= Robert W. Newcomb =

Professor of electrical engineering

Robert W. Newcomb is a professor of electrical engineering at the University of Maryland, College Park. He obtained a BSEE degree from Purdue University in 1955, an MS from Stanford University in 1957, and his Ph.D. in Electrical Engineering from the University of California at Berkeley in 1960. He was a professor in the electrical engineering department at Stanford University through 1968, and from 1969 onward has been a professor in the electrical engineering department at the University of Maryland at College Park. He has graduated over 70 Ph.D. students from both Stanford and the University of Maryland, including Brian D. O. Anderson.

He currently directs the Microsystems Laboratory at the University of Maryland.

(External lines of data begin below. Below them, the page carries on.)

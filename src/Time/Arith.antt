-- ===== src/Time/Arith.antt =====
-- Normalising, adding, subtracting and halving times (lib/time-arith.c), with is_incorrect of
-- include/ppsi/pp-time.h. The seconds and nanoseconds are integers without a bound.
use ppsi.Ds.{PpTime}
use ppsi.Prelude.{
  Bool, if◌then◌else◌, is_neg, is_zero, ltb_ℤ, neg_part, neg_ℤ, negsuc, not, pos, pos_part, suc,
  to_word, zero, ℕ, ℤ, ◌%◌, ◌&&◌, ◌+ℤ◌, ◌+◌, ◌-ℤ◌, ◌/◌, ◌==◌, ◌^◌, ◌||◌,
}

-- SNS_PER_S: a second, in nanoseconds * 2^16
abbrev pub sns_per_s : ℕ
sns_per_s = 65536000000000

-- The "correct" bit is hidden in the high bits of the seconds.
unfoldable pub is_incorrect : PpTime → Bool
is_incorrect t = to_word 64 t.secs / 2 ^ 62 == 2

-- while (scaled_nsecs < 0)
unfoldable pub raise_loop : ℕ → PpTime → PpTime
raise_loop zero t = t
raise_loop (suc k) t =
    let rest =
      raise_loop k
        (record { secs = t.secs -ℤ pos 1; scaled_nsecs = t.scaled_nsecs +ℤ pos sns_per_s }) in
    if is_neg t.scaled_nsecs then rest else t

-- while (scaled_nsecs > SNS_PER_S)
unfoldable pub lower_loop : ℕ → PpTime → PpTime
lower_loop zero t = t
lower_loop (suc k) t =
    let rest =
      lower_loop k
        (record { secs = t.secs +ℤ pos 1; scaled_nsecs = t.scaled_nsecs -ℤ pos sns_per_s }) in
    if ltb_ℤ (pos sns_per_s) t.scaled_nsecs then rest else t

unfoldable pub run_loops : PpTime → PpTime
run_loops t =
    let raised = raise_loop (neg_part t.scaled_nsecs / sns_per_s + 1) t in
    lower_loop (pos_part raised.scaled_nsecs / sns_per_s) raised

-- The product with the sign -1
unfoldable pub flip : PpTime → PpTime
flip t = record { secs = neg_ℤ t.secs; scaled_nsecs = neg_ℤ t.scaled_nsecs }

-- Does the sign count as -1?
unfoldable pub is_negative : PpTime → Bool
is_negative t = (is_neg t.secs && not (is_incorrect t)) || (is_zero t.secs && is_neg t.scaled_nsecs)

unfoldable pub normalize_pp_time : PpTime → PpTime
normalize_pp_time t = if is_negative t then flip (run_loops (flip t)) else run_loops t

unfoldable pub pp_time_add : PpTime → PpTime → PpTime
pp_time_add a b =
    normalize_pp_time
      (record { secs = a.secs +ℤ b.secs; scaled_nsecs = a.scaled_nsecs +ℤ b.scaled_nsecs })

unfoldable pub pp_time_sub : PpTime → PpTime → PpTime
pp_time_sub a b =
    normalize_pp_time
      (record { secs = a.secs -ℤ b.secs; scaled_nsecs = a.scaled_nsecs -ℤ b.scaled_nsecs })

unfoldable pub pp_time_add_interval : PpTime → ℤ → PpTime
pp_time_add_interval t interval =
    pp_time_add t (normalize_pp_time (record { secs = pos 0; scaled_nsecs = interval }))

unfoldable pub pp_time_sub_interval : PpTime → ℤ → PpTime
pp_time_sub_interval t interval =
    pp_time_sub t (normalize_pp_time (record { secs = pos 0; scaled_nsecs = interval }))

-- `z >> 1` and `z & 1` in two's complement
unfoldable pub shift_down : ℤ → ℤ
shift_down (pos n) = pos (n / 2)
shift_down (negsuc n) = negsuc (n / 2)

unfoldable pub is_odd : ℤ → Bool
is_odd (pos n) = n % 2 == 1
is_odd (negsuc n) = n % 2 == 0

abbrev pub half_second : ℤ → ℤ
half_second s = if is_neg s then neg_ℤ (pos (sns_per_s / 2)) else pos (sns_per_s / 2)

unfoldable pub pp_time_div2 : PpTime → PpTime
pp_time_div2 t =
    let rest = shift_down t.scaled_nsecs in
    record {
      secs = shift_down t.secs;
      scaled_nsecs = if is_odd t.secs then rest +ℤ half_second t.secs else rest;
    }
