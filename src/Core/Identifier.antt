-- ===== src/Core/Identifier.antt =====
-- src/distributed_runtime/core/identifiers.py. An identifier is the text that it holds.
use Prim.Native.String.{◌++◌}
use ptf.Prelude.{
  ℕ, ◌≤◌, ◌≡◌, ◌↔◌, refl, String, Bool, true, false, ◌==◌, ◌&&◌, List, [], ◌∷◌, leb, not, length,
  arith, eq_iff, subst, inl, inr, Bool-cases,
}
use ptf.Core.Errors.{Result, ok, Error, invalid_identifier, require, ◌>>◌}
use ptf.Core.Name.{codes, is_alphanumeric, is_name_char, all_name_chars, matches_name}
use ptf.Core.Text.{is_space, ends_trimmed, is_trimmed}

-- the subclasses of `Identifier`, and itself
pub data IdentifierKind : Type 0 where
  any_kind workload_id revision_id run_id execution_id : IdentifierKind
  deployment_id partition_id runtime_instance_id artifact_id : IdentifierKind

-- the class variable `kind`
unfoldable pub kind_name : IdentifierKind → String
kind_name IdentifierKind.any_kind = "identifier"
kind_name IdentifierKind.workload_id = "workload_id"
kind_name IdentifierKind.revision_id = "revision_id"
kind_name IdentifierKind.run_id = "run_id"
kind_name IdentifierKind.execution_id = "execution_id"
kind_name IdentifierKind.deployment_id = "deployment_id"
kind_name IdentifierKind.partition_id = "partition_id"
kind_name IdentifierKind.runtime_instance_id = "runtime_instance_id"
kind_name IdentifierKind.artifact_id = "artifact_id"

-- the class variable `max_length`
abbrev pub max_length : ℕ
max_length = 255

-- `_raise_invalid`
abbrev pub invalid : IdentifierKind → String → Error
invalid kind reason = invalid_identifier ("invalid " ++ (kind_name kind ++ (": " ++ reason)))

-- `Identifier(value)` and `parse`: the tests of `__post_init__`
unfoldable pub identifier : IdentifierKind → String → Result String
identifier kind value = do
  require (not (value == "")) (invalid kind "must not be empty")
  require (is_trimmed (codes value))
      (invalid kind "must not contain leading or trailing whitespace")
  require (leb (length (codes value)) max_length) (invalid kind "must be at most 255 characters")
  require (matches_name (codes value)) (invalid kind "contains unsupported characters")
  ok value

and_parts : {a b : Bool} → (a && b) ≡ true → (a ≡ true) × (b ≡ true)
and_parts {a} {b} h = ground (arith, h)

name_char-ne-space : (c : ℕ) → is_name_char c ≡ true → is_space c ≡ false
name_char-ne-space c h = ground arith

alphanumeric-ne-space : (c : ℕ) → is_alphanumeric c ≡ true → is_space c ≡ false
alphanumeric-ne-space c h = ground arith

ends_trimmed_of_name :
    (c : ℕ) (cs : List ℕ) → is_space c ≡ false → all_name_chars cs ≡ true → ends_trimmed c cs ≡ true
unfolding ends_trimmed all_name_chars
ends_trimmed_of_name c [] h k = rw h
ends_trimmed_of_name c (d ∷ ds) h k =
    let (now, later) = and_parts k in ends_trimmed_of_name d ds (name_char-ne-space d now) later

is_trimmed_of_name : (cs : List ℕ) → matches_name cs ≡ true → is_trimmed cs ≡ true
unfolding matches_name is_trimmed
is_trimmed_of_name [] h = refl
is_trimmed_of_name (c ∷ cs) h =
    let (first, others) = and_parts h in
    let start = alphanumeric-ne-space c first in rw (start, ends_trimmed_of_name c cs start others)

pub not_empty : (value : String) → matches_name (codes value) ≡ true → (value == "") ≡ false
unfolding matches_name
not_empty value h = elim (Bool-cases (value == "")) [
  | inl empty ↦
      absurd (cc (subst (λ t. matches_name (codes t) ≡ true) ((eq_iff value "").0 empty) h))
  | inr filled ↦ filled
]

-- An identifier of any kind is accepted exactly if it matches the pattern and has at most 255
-- characters: the tests for an empty text and for white space refuse nothing else.
pub identifier_iff :
    (kind : IdentifierKind) (value : String)
    → (identifier kind value ≡ ok value)
      ↔ ((matches_name (codes value) ≡ true) × (length (codes value) ≤ max_length))
unfolding identifier
identifier_iff kind value = (
  (λ e. ground (arith, e)),
  (λ h.
      let filled = not_empty value h.0 in
      let trimmed = is_trimmed_of_name (codes value) h.0 in
      ground (arith, h.0, h.1, filled, trimmed)),
)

His work during his career has spanned a variety of subdisciplines in electrical engineering, and has produced the following:
- The design and fabrication of the first MEMS micromotor in the 1960s
- Several books on VLSI, control, and circuit theory
- The extension of Maxwell's equations into n-dimensions
- Conceptualization of the Soliton, the P-Adic, and the Fibonacci computers
- n-port synthesis techniques for analog and DSP systems
- VLSI implementation of biologically realistic neural components
- Theory of curve tracing and knot tying robots

He is both a Life Fellow of IEEE and a Fellow of AIMBE. His recognition being the recipient of the IEEE CAS Society Golden Jubilee Medal award and the first recipient of the IEEE CAS Society Education award.